Star yazarı Ahmet Taşgetiren, “Kimsesi olanlar - olmayanlar” başlıklı yazısında adaletin iyi işlemediğine ve mağduriyetlere dikkat çekti.
Taşegetiren’in dün (11 Haziran 2017) Star’da yayınlana yazısının bir bölümü şöyle: “On binlerce insan tutuklu durumda. Yüz bini aşkın insan da ya kamuda ihraç edilmiş ya da açığa alınmış durumda. Oysa içerdeki insanların bir kısmının henüz iddianamesi bile yok, ihraç edilen ya da açığa alınanların ne ile suçlandıkları net değil.
Ayrıca“FETÖ ile irtibat” çok ağır bir suçlama. Tutuklu olanların savunma için avukat tutmaları çok büyük bedel ödemeyi gerektiriyor. O damgayı yiyerek kamudan ihraç edilen birisinin dışarda iş bulma imkanı da neredeyse sıfır. Bu durum, aileler planında çok geniş bir etkilenme alanı oluşturuyor. Orada geleceğe dönük ciddî problemler biriktiğini görmek lâzım.
Şimdi şu sıralar her ortamda bu durumun 2019’daki seçimleri nasıl etkileyeceği konuşuluyor. Bir yerde Cumhurbaşkanı’na, AKP’ye, “2019 kaygısı” üzerinden mesaj verilmek isteniyor.
Ben bunu da, işi, “Adalet”i değil de, “siyasal çıkar”ı öncelemek gibi bir noktaya çekmesi açısından, özellikle Sayın Cumhurbaşkanı’nın kişiliği bakımından yaralayıcı buluyorum.
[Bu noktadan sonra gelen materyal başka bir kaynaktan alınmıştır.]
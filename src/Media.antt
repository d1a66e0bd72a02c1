-- ===== src/Media.antt =====
-- media: what receives RTP packets, prints them and dumps them to a file.
pub mod RtpUtil
pub mod UdpServer
mod Tests
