-- ===== src/Media/RtpUtil.antt =====
-- media/rtputil.cpp and rtputil.h: the texts that are printed of RTP and RTCP packets, and the dump
-- of a packet to a file, on a little-endian machine. A packet is the memory from its first byte on.
-- A result is `none` where memory is read or written outside of its bounds. The printed numbers
-- never make `snprintf` fail; a negative room for it becomes a very large size, which bounds nothing.
pub mod Hex
pub mod Fields
pub mod Text
use webrtc_snippets.Common.{
  ℕ, zero, suc, ◌+◌, ◌-◌, ◌*◌, ◌/◌, ◌%◌, ◌^◌, ◌≤◌, ◌<◌, ◌≡◌, ◌≢◌, ◌↔◌, ◌⊎◌, inl, inr, refl, sym, ap,
  ◌∙◌, subst, arith, tests, Bool, true, false, not, ◌&&◌, ◌||◌, Option, none, some, List, [], ◌∷◌,
  ◌++◌, map, append-nil, append_assoc, ◌==◌, ltb, leb, if◌then◌else◌, is_empty, length, get_elem?,
  drop, take, All, Bool-cases, Option-cases, guard, ◌>>=◌, ◌>>◌, >>=-eq-some, along_some, along_if,
  if_true, if_cases, ==_refl, ==_ne, ==_iff, length-append, take-append-drop, take-length,
  drop-length, drop-length_next, drop-add, drop-length-add, get_elem?-append, is_empty-append,
  is_empty-append_cons, take_all, All-append, length-take, length-drop, ltb→lt, lt→ltb, leb→le,
  replicate, is_none, every, every-lt,
}
use webrtc_snippets.Common.Bytes.{
  Bytes, concat, overwrite, codes, Avoids, find_byte, find_byte_from, find_text, starts_with,
  substr, equal, equal_iff, equal_refl,
}
use webrtc_snippets.Common.Bytes.Find.{
  find_byte-append, find_byte-Avoids, find_byte_cases, find_byte_from-append, find_text-Avoids,
  find_text-none,
}
use webrtc_snippets.Common.Arrays.{nth}
use webrtc_snippets.Common.Bytes.Digits.{to_decimal}

abbrev pub max_log_msg_len : ℕ
max_log_msg_len = 1024

unfoldable pub nibble_to_hex_char : ℕ → ℕ
unfolding nth
nibble_to_hex_char nibble = nth (codes "0123456789abcdef") (nibble % 16)

-- A byte at the end of what `bit_string` holds.
unfoldable pub push_char : Bytes → ℕ → Option Bytes
push_char written c =
    if ltb (length written) max_log_msg_len then some (written ++ c ∷ []) else none

-- The loop, with its `i` as the length of what is written. It goes on by two below `limit`.
unfoldable pub hex_loop : ℕ → ℕ → Bytes → Bytes → Option Bytes
unfolding push_char nibble_to_hex_char
hex_loop zero limit str written = some written
hex_loop (suc fuel) limit str written =
    if ltb (length written) limit
    then (do
      octet ← get_elem? str 0
      high ← push_char written (nibble_to_hex_char (octet / 16))
      low ← push_char high (nibble_to_hex_char (octet % 16))
      hex_loop fuel limit (drop 1 str) low)
    else some written

-- The text that `bit_string` then has; its NUL is written as well.
unfoldable pub octet_string_hex_string : Bytes → ℕ → Option Bytes
unfolding hex_loop push_char
octet_string_hex_string str n =
    let doubled = n * 2 in
    let limit = if ltb max_log_msg_len doubled then max_log_msg_len - 1 else doubled in
    do written ← hex_loop (suc limit) limit str []; ended ← push_char written 0; some written

-- `ntohs` and `ntohl` of the fields of a header.
unfoldable pub load16 : Bytes → ℕ → Option ℕ
load16 packet i = do
  high ← get_elem? packet i
  low ← get_elem? packet (i + 1)
  some (high * 256 + low)

unfoldable pub load32 : Bytes → ℕ → Option ℕ
unfolding load16
load32 packet i = do high ← load16 packet i; low ← load16 packet (i + 2); some (high * 65536 + low)

-- Of a buffer that is there. The low bits of the first byte are `cc`, and then `x`.
unfoldable pub rtp_header_extension_length : Bytes → Option ℕ
unfolding load16
rtp_header_extension_length packet = do
  first ← get_elem? packet 0
  let fixed = 12 + first % 16 * 4
  if first / 16 % 2 == 1
      then (do words ← load16 packet (fixed + 2); some (fixed + (words + 1) * 4))
      else some fixed

-- `%0nX` of a number with at most so many digits.
unfoldable pub upper_hex : ℕ → ℕ → Bytes
unfolding nth
upper_hex zero value = []
upper_hex (suc width) value =
    upper_hex width (value / 16) ++ nth (codes "0123456789ABCDEF") (value % 16) ∷ []

-- `log_msg` as the text in it, and `writing_ptr` as how far it is behind the start of `log_msg`.
pub record Log : Type 0 where
  pub written : Bytes
  pub at : ℕ

abbrev pub empty_log : Log
empty_log = record { written = []; at = 0 }

-- `snprintf` to `writing_ptr`, and the step behind what it would have written.
unfoldable pub snprintf : Log → Bytes → Option Log
snprintf log new =
    if ltb max_log_msg_len log.at
    then none
    else some (record {
      written = log.written ++ take (max_log_msg_len - 1 - log.at) new;
      at = log.at + length new;
    })

-- `%u(0x%0nX)`.
abbrev pub decimal_and_hex : ℕ → ℕ → Bytes
unfolding upper_hex
decimal_and_hex width value = to_decimal value ++ codes "(0x" ++ upper_hex width value ++ codes ")"

abbrev pub rtp_line : ℕ → ℕ → ℕ → ℕ → ℕ → ℕ → Bytes
rtp_line ssrc seq pt ts ext packet_len = concat (
    codes "[rtp] dump_rtp_packet: ssrc="
    ∷ decimal_and_hex 8 ssrc
    ∷ codes ", seq="
    ∷ decimal_and_hex 4 seq
    ∷ codes ", pt="
    ∷ decimal_and_hex 2 pt
    ∷ codes ", ts="
    ∷ decimal_and_hex 8 ts
    ∷ codes ", hdr_ext_len="
    ∷ to_decimal ext
    ∷ codes ", pkt_len="
    ∷ to_decimal packet_len
    ∷ codes ", "
    ∷ [])

abbrev pub tailer_len : ℕ
tailer_len = 64

-- The two ends of a long packet.
abbrev pub ends_of : Log → Bytes → ℕ → ℕ → Option Log
ends_of log packet ext packet_len = do
  front ← octet_string_hex_string packet ext
  next ← snprintf log (codes "hdr_ext: " ++ (front ++ codes ", "))
  back ← octet_string_hex_string (drop (packet_len - tailer_len) packet) tailer_len
  snprintf next (codes "tailer: " ++ (back ++ (codes ", tailer_len=" ++ to_decimal tailer_len)))

abbrev pub whole_of : Log → Bytes → ℕ → Option Log
whole_of log packet packet_len = do
  all ← octet_string_hex_string packet packet_len
  snprintf log (codes "packet: " ++ all)

unfoldable pub dump_rtp_packet : Bytes → ℕ → Option Bytes
dump_rtp_packet packet packet_len = do
  ext ← rtp_header_extension_length packet
  ssrc ← load32 packet 8
  seq ← load16 packet 2
  second ← get_elem? packet 1
  ts ← load32 packet 4
  line ← snprintf empty_log (rtp_line ssrc seq (second % 128) ts ext packet_len)
  log ←
      (if ltb (ext + tailer_len) packet_len
        then ends_of line packet ext packet_len
        else whole_of line packet packet_len)
  some log.written

abbrev pub rtcp_line : ℕ → ℕ → ℕ → ℕ → Bytes
rtcp_line ssrc len pt packet_len = concat (
    codes "[srtp] dump_rtcp_packet: ssrc="
    ∷ decimal_and_hex 8 ssrc
    ∷ codes ", len="
    ∷ to_decimal len
    ∷ codes ", pt="
    ∷ to_decimal pt
    ∷ codes ", pkt_len="
    ∷ to_decimal packet_len
    ∷ codes ", "
    ∷ [])

unfoldable pub dump_rtcp_packet : Bytes → ℕ → Option Bytes
dump_rtcp_packet packet packet_len = do
  ssrc ← load32 packet 4
  len ← load16 packet 2
  pt ← get_elem? packet 1
  line ← snprintf empty_log (rtcp_line ssrc len pt packet_len)
  log ← whole_of line packet packet_len
  some log.written

-- A `uint32_t` as it lies in memory.
abbrev pub raw32 : ℕ → Bytes
raw32 n = n % 256 ∷ n / 256 % 256 ∷ n / 65536 % 256 ∷ n / 16777216 % 256 ∷ []

-- The loop that writes byte by byte.
unfoldable pub write_octets : ℕ → Bytes → Bytes → Option Bytes
write_octets zero packet file = some file
write_octets (suc n) packet file = do
  octet ← get_elem? packet 0
  write_octets n (drop 1 packet) (file ++ octet ∷ [])

-- The stream, if there is one, as what was written to it; `false` for the result -1.
unfoldable pub dump_rtp_to_file : Bytes → ℕ → Option Bytes → Option (Option Bytes × Bool)
unfolding write_octets
dump_rtp_to_file packet packet_len none = some (none, false)
dump_rtp_to_file packet packet_len (some file) = do
  written ← write_octets packet_len packet (file ++ codes "DUMP" ++ raw32 packet_len)
  some (some written, true)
Ne yani biz insanlarımızı “Adalet hassasiyeti” ile değil de “Siyasî çıkar hesabı” ile mi uyaracağız?
Ben başta Sayın Cumhurbaşkanı olmak üzere yönetimdeki insanların adaleti ıskaladıklarını asla düşünmem. Ama bu işte zorluklar bulunduğu muhakkak.
Sayın Cumhurbaşkanı başta bir kategorileştirme yaptı. İbadet, ticaret, ihanet katmanı şeklinde. Şimdi çok yaygın kanaat şu ki, operasyonlar özellikle ibadet katmanını vuruyor. “İhanet” katmanının önemli bir kısmı yurt dışına kaçtı, bir kısmı 15 Temmuz darbe girişimi ile ilişkisi sebebiyle yargılanıyor, ama “iltisaklı” kapsamına sokulan yüzbinler bir şekilde darbe yemiş durumda.
Hani AKP’nin “Kimsesizlerin kimsesi olmak” gibi bir söylemi vardı. Formül nasıl bulunur bilmiyorum, ama şu anda FETÖ iltisakı sebebiyle içeri alınan ya da kamudan ihraç edilen – açığa alınan ama “ulaşacak kimsesi olmayan” insanların “Kimsesi olmak” gibi bir zaruret var.
Adalet olsun. Adalet mülkün temelidir. Geciken adalet olmasın. OHAL Komisyonu “işin komisyona havalesi” gibi bir formüle dönüşmesin. Mazlûmiyet oluşmasın. Mazlumiyetin telâfisi çok zor. Yüreklerde açılan yaranın en çok duaları etkileyeceğini unutmamak lazım. Sayın Cumhurbaşkanı’nın şehit duyarlılığı çok güzel, mazlûmiyet duyarlılığı da çok hayati bana göre.”